– Ты что, пила? – зло спрашиваю ее, нависнув над ней, чтобы почувствовать дыхание. Я заметил ее странное поведение. Однако нет, тяжелое дыхание Снежинки пахнет ею самой, но никак не горькими напитками. И я облегченно выдыхаю, нечаянно смешивая наши вырвавшиеся наружу дыхания. И время останавливается. Будто патока застывает, едва сладость в холодильник помещают.
– Мог бы сначала дождаться ответа, а не сразу влезать в личное пространство, – ворчит она, легко отталкивая меня. Я откинулся на спинку сиденья и сказал:
– Детка, твоего личного пространство теперь не существует. Есть только мое, – язвлю, а сам безумно рад. Ненавижу пьянь. И, если бы она была выпившей, то высадил бы сразу в лесу, даже не задумываясь. Остался бы без солнца вновь в своей бездне, полной демонов и чертей, но только не с разбега в сети ада.
– Не порть мне настроение, Паша, – помахала она рукой, отворачиваясь к окну.
Твою мать! Внутренности одними словами вытаскивает наружу, топчет мне нервы, целует, чтобы вновь нанести увечья эмоциями.
В далекие времена опиум использовали как обезболивающее, даже зная его разрушительные свойства. И вот Даша мой опиум. Я отравляю себя ею, чтобы жить в полную силу, не ощущая тяжести прошлого. И плевать, что умираю от нее.
Так, наверное, думают наркоманы, ныряя в омут с головой.
Оставшийся путь до студии Малеева мы проделали в тишине, что навечно приклеилась ко мне. Сколько себя помню, она была со мной. Моей госпожой и моей пленительницей – я не мог выбраться из ее холодных тонких пальцев с нанизанными на ним перстнями: одиночеством, бешенством, яростью, болью… А теперь и страстью. Для них не нужны звуки, чтобы проснуться. Эти чувства тоже в плену у тишины и подчиняются только ей.
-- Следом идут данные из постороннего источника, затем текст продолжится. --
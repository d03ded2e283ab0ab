-- ===== src/Audio/Wav/RoundTrip.antt =====
-- A WAV file of the hub's is read back.
use homeassistant_local_voic.Base.{
  ℕ, zero, suc, ◌+◌, ◌-◌, ◌*◌, ◌^◌, ◌≡◌, refl, ap, ◌∙◌, ◌<◌, ◌≤◌, true, false, List, [], ◌∷◌, ◌++◌,
  none, some, arith, length, take, take-whole, ltb,
}
use homeassistant_local_voic.Base.Text.{text_eq}
use homeassistant_local_voic.Base.Int.{ℤ}
use homeassistant_local_voic.Base.Bytes.{from_le-to_le_two, from_le-to_le_four}
use homeassistant_local_voic.Base.Result.{ok}
use homeassistant_local_voic.Audio.{Format}
use homeassistant_local_voic.Audio.Wav.{
  done, next, chunk_step, parse_from, parse_wav, is_riff, wav_bytes, wav_header, sample_bytes,
  data_end, u32_or_max,
}

pub length-sample_bytes : (pcm : List ℤ) → length (sample_bytes pcm) ≡ length pcm * 2
unfolding sample_bytes
length-sample_bytes [] = refl
length-sample_bytes (s ∷ pcm) = omega (arith, length-sample_bytes pcm)

module _ (n rate channels : ℕ) (body : List ℕ) (fits : n < 2 ^ 32 - 1) (is_body : length body ≡ n)
    (rate_fits : rate < 2 ^ 32) (channels_fit : channels < 2 ^ 16) where
  abbrev file : List ℕ
  file = wav_header n rate channels ++ body

  length-file : length file ≡ 44 + n
  unfolding wav_header
  length-file = omega (arith, is_body)

  roomy : (m : ℕ) → m < 45 → ltb (length file) m ≡ false
  roomy m h = ground (arith, length-file)

  riff : is_riff file ≡ true
  unfolding wav_header text_eq
  riff = rw (roomy 12 (omega arith)) refl

  first :
      chunk_step file 12 none
      ≡ next 36 (some (record { rate = rate; width = 2; channels = channels }))
  unfolding wav_header chunk_step text_eq
  first = rw (roomy 20 (omega arith)) (
      rw (roomy 36 (omega arith)) (
        rw (from_le-to_le_two channels channels_fit) (rw (from_le-to_le_four rate rate_fits) refl)))

  second : (format : Format) → chunk_step file 36 (some format) ≡ done (ok (format, body))
  unfolding wav_header chunk_step text_eq
  second format =
      let whole : data_end 44 n file - 44 ≡ length body = ground (arith, length-file, is_body) in
      rw (roomy 44 (omega arith)) (
        rw (from_le-to_le_four n (omega arith)) (
          ap (λ k. done (ok (format, take k body))) whole
          ∙ ap (λ x. done (ok (format, x))) (take-whole body)))

  abbrev format : Format
  format = record { rate = rate; width = 2; channels = channels }

  from_start : (fuel : ℕ) → 2 ≤ fuel → parse_from fuel file 12 none ≡ some (ok (format, body))
  unfolding parse_from
  from_start (suc (suc fuel)) h = rw (first, parse_from) (rw (second format, parse_from) refl)
  from_start zero h = absurd (omega arith)
  from_start (suc zero) h = absurd (omega arith)

  parse_wav-file : parse_wav file ≡ some (ok (format, body))
  unfolding parse_wav
  parse_wav-file = rw (riff, parse_wav) (from_start (length file) (omega (arith, length-file)))

-- `parse_wav` reads back what `wav_bytes` wrote, the format and the bytes of the samples, as long as the
-- sizes fit their fields.
pub parse_wav-wav_bytes :
    (pcm : List ℤ) (rate channels : ℕ)
    → length pcm * 2 < 2 ^ 32 - 1
    → rate < 2 ^ 32
    → channels < 2 ^ 16
    → parse_wav (wav_bytes pcm rate channels)
      ≡ some (ok (record { rate = rate; width = 2; channels = channels }, sample_bytes pcm))
unfolding wav_bytes
parse_wav-wav_bytes pcm rate channels fits rate_fits channels_fit =
    let same : u32_or_max (length pcm * 2) ≡ length pcm * 2 = omega arith in
    rw same (
      parse_wav-file (length pcm * 2) rate channels (sample_bytes pcm) fits
        (length-sample_bytes pcm) rate_fits channels_fit)
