-- ===== src/Audio/Mono.antt =====
-- The samples of `to_mono_i16`.
use homeassistant_local_voic.Base.{
  ℕ, zero, suc, ◌+◌, ◌*◌, ◌/◌, ◌≡◌, refl, ap, ◌∙◌, false, List, [], ◌∷◌, arith, All, map, length,
  length-map, Bool-cases, inl, inr, ltb, ◌==◌, ◌||◌, if◌then◌else◌, ◌≤◌,
}
use homeassistant_local_voic.Base.Text.{is_empty}
use homeassistant_local_voic.Base.Int.{
  ℤ, divided, clamp16, IsI16, clamp16-IsI16, clamp16-same, signed16, signed16-pattern16, pattern16,
  pattern16_lt, plus-zero, divided-one,
}
use homeassistant_local_voic.Base.Bytes.{
  from_le, to_le, from_le-to_le_two, chunks_exact, pieces_exact,
}
use homeassistant_local_voic.Audio.{
  Format, stt_format, Float, to_mono_i16, mono_of, mix_frame, decode_sample, rounds, interpolated,
}
use homeassistant_local_voic.Audio.Wav.{sample_bytes}
use homeassistant_local_voic.Audio.Wav.RoundTrip.{length-sample_bytes}

-- The two bytes of a sample, as a frame of one channel.
mix-sample : (s : ℤ) → IsI16 s → mix_frame 2 1 (to_le 2 (pattern16 s)) ≡ s
unfolding decode_sample chunks_exact pieces_exact
mix-sample s h =
    ap (λ z. divided z 1)
      (plus-zero (signed16 (from_le (to_le 2 (pattern16 s))))
        ∙ ap signed16 (from_le-to_le_two (pattern16 s) (pattern16_lt s))
        ∙ signed16-pattern16 s h)
    ∙ divided-one s

pieces-samples :
    (fuel : ℕ) (pcm : List ℤ)
    → length pcm ≤ fuel
    → All IsI16 pcm
    → map (mix_frame 2 1) (pieces_exact fuel 2 (sample_bytes pcm)) ≡ pcm
unfolding pieces_exact sample_bytes
pieces-samples zero [] h a = refl
pieces-samples zero (s ∷ pcm) h a = absurd (omega arith)
pieces-samples (suc fuel) [] h a = refl
pieces-samples (suc fuel) (s ∷ pcm) h (is16, a) =
    let roomy : ltb (suc (suc (length (sample_bytes pcm)))) 2 ≡ false = ground arith in
    rw roomy (
      ap (λ z. z ∷ map (mix_frame 2 1) (pieces_exact fuel 2 (sample_bytes pcm))) (mix-sample s is16)
      ∙ ap (λ zs. s ∷ zs) (pieces-samples fuel pcm (omega arith) a))

map-clamp16 : (pcm : List ℤ) → All IsI16 pcm → map clamp16 pcm ≡ pcm
map-clamp16 [] a = refl
map-clamp16 (s ∷ pcm) (h, a) = rw (clamp16-same s h) (ap (λ zs. s ∷ zs) (map-clamp16 pcm a))

clamped : (xs : List ℤ) → All IsI16 (map clamp16 xs)
clamped [] = tt
clamped (x ∷ xs) = (clamp16-IsI16 x, clamped xs)

module _ (float : Float) where
  -- Sound in the format of the speech engine goes through unchanged.
  pub to_mono_i16-sample_bytes :
      (pcm : List ℤ)
      → All IsI16 pcm
      → to_mono_i16 float (sample_bytes pcm) stt_format stt_format.rate ≡ pcm
  unfolding to_mono_i16 mono_of chunks_exact
  to_mono_i16-sample_bytes pcm a =
      ap (map clamp16)
        (pieces-samples (length (sample_bytes pcm)) pcm (omega (arith, length-sample_bytes pcm)) a)
      ∙ map-clamp16 pcm a

  rounds-IsI16 :
      (mono : List ℤ) (from rate i n : ℕ)
      → All IsI16 (rounds float (interpolated float mono from rate) i n)
        × (length (rounds float (interpolated float mono from rate) i n) ≡ n)
  unfolding interpolated
  rounds-IsI16 mono from rate i zero = (tt, refl)
  rounds-IsI16 mono from rate i (suc n) =
      let (small, long) = rounds-IsI16 mono from rate (i + 1) n in
      ((clamp16-IsI16 _, small), ap suc long)

  -- Every sample of `to_mono_i16` is one of 16 bits, whatever the floats do; there is one for each frame
  -- of the source, or their number times the quotient of the rates, rounded down.
  pub to_mono_i16_bounds :
      (bytes : List ℕ) (from : Format) (rate : ℕ)
      → let n = length (mono_of bytes from) in
        All IsI16 (to_mono_i16 float bytes from rate)
        × (length (to_mono_i16 float bytes from rate) ≡ (
            if (from.rate == rate) || ((from.rate == 0) || is_empty (mono_of bytes from))
            then n
            else n * rate / from.rate))
  unfolding to_mono_i16
  to_mono_i16_bounds bytes from rate =
      let mono = mono_of bytes from in
      elim (Bool-cases ((from.rate == rate) || ((from.rate == 0) || is_empty mono))) [
        | inl copied ↦ rw (to_mono_i16, copied) (clamped mono, length-map clamp16 mono)
        | inr resampled ↦
            rw (to_mono_i16, resampled)
              (rounds-IsI16 mono from.rate rate 0 (length mono * rate / from.rate))
      ]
Дарья все время смотрела в окно, словно пытаясь выглядеть у мира свободу. А я не хотел ее делить даже с этим суррогатом грез. Смотрел на нее и впитывал образ невинный до скрежета зубов, смотрел не имея возможности дотронуться, прижать так, чтоб ребра захрустели и чтоб кожа к коже. Не мог, мать его, потому что как в глаза посмотрит – так потом презрение к себе. Гадливость на собственную ущербность, что… Что даже ее принуждаю, как принуждаю судьбу мне жизнь менять.
– “МалеевСтуди”, – потрясенно прошептала девочка, подаваясь еще ближе к окну машины, чтобы полностью разглядеть многоэтажное здание из стекла и бетона. Потом резко повернулась ко мне, а в глазах ее восхищение такое, трепет, который даже при виде меня не угас, теплился огоньком путеводным дальше. – Господи… Черт!
И шепчет, словно действительно не верит, что здесь оказалась. И эмоции эти я выгрызаю с особым удовольствием – она ведь счастлива только от этого. От того, что оказалась настолько близко к этому месту.
А едва нам ворота открыли, и Гена уже рулил по территории киностудии, Даша вообще начала щипать себя за запястье.
Этот наивный жест отчего–то во мне вызвал улыбку. Которую она стерла своим глазищами, в которых вновь был страх. Она дарила счастье и по мановению руки забирала его с тройными процентами. За неимением души вместе с костями мне плоть рвала, чтобы себе забрать в оплату. Перед ней я снова нищий. Нечем больше платить, кроме как собой. И ее в ответ начал задевать, рисовать на ней шрамами от слов. Злость однозначно лучше.
– Веди себя приличнее. Кукла должна подчеркивать статус хозяина, а не позорить его.
Исполнение заветной мечты и дикий страх – коктейль моей жизни поражал оттенками горечи.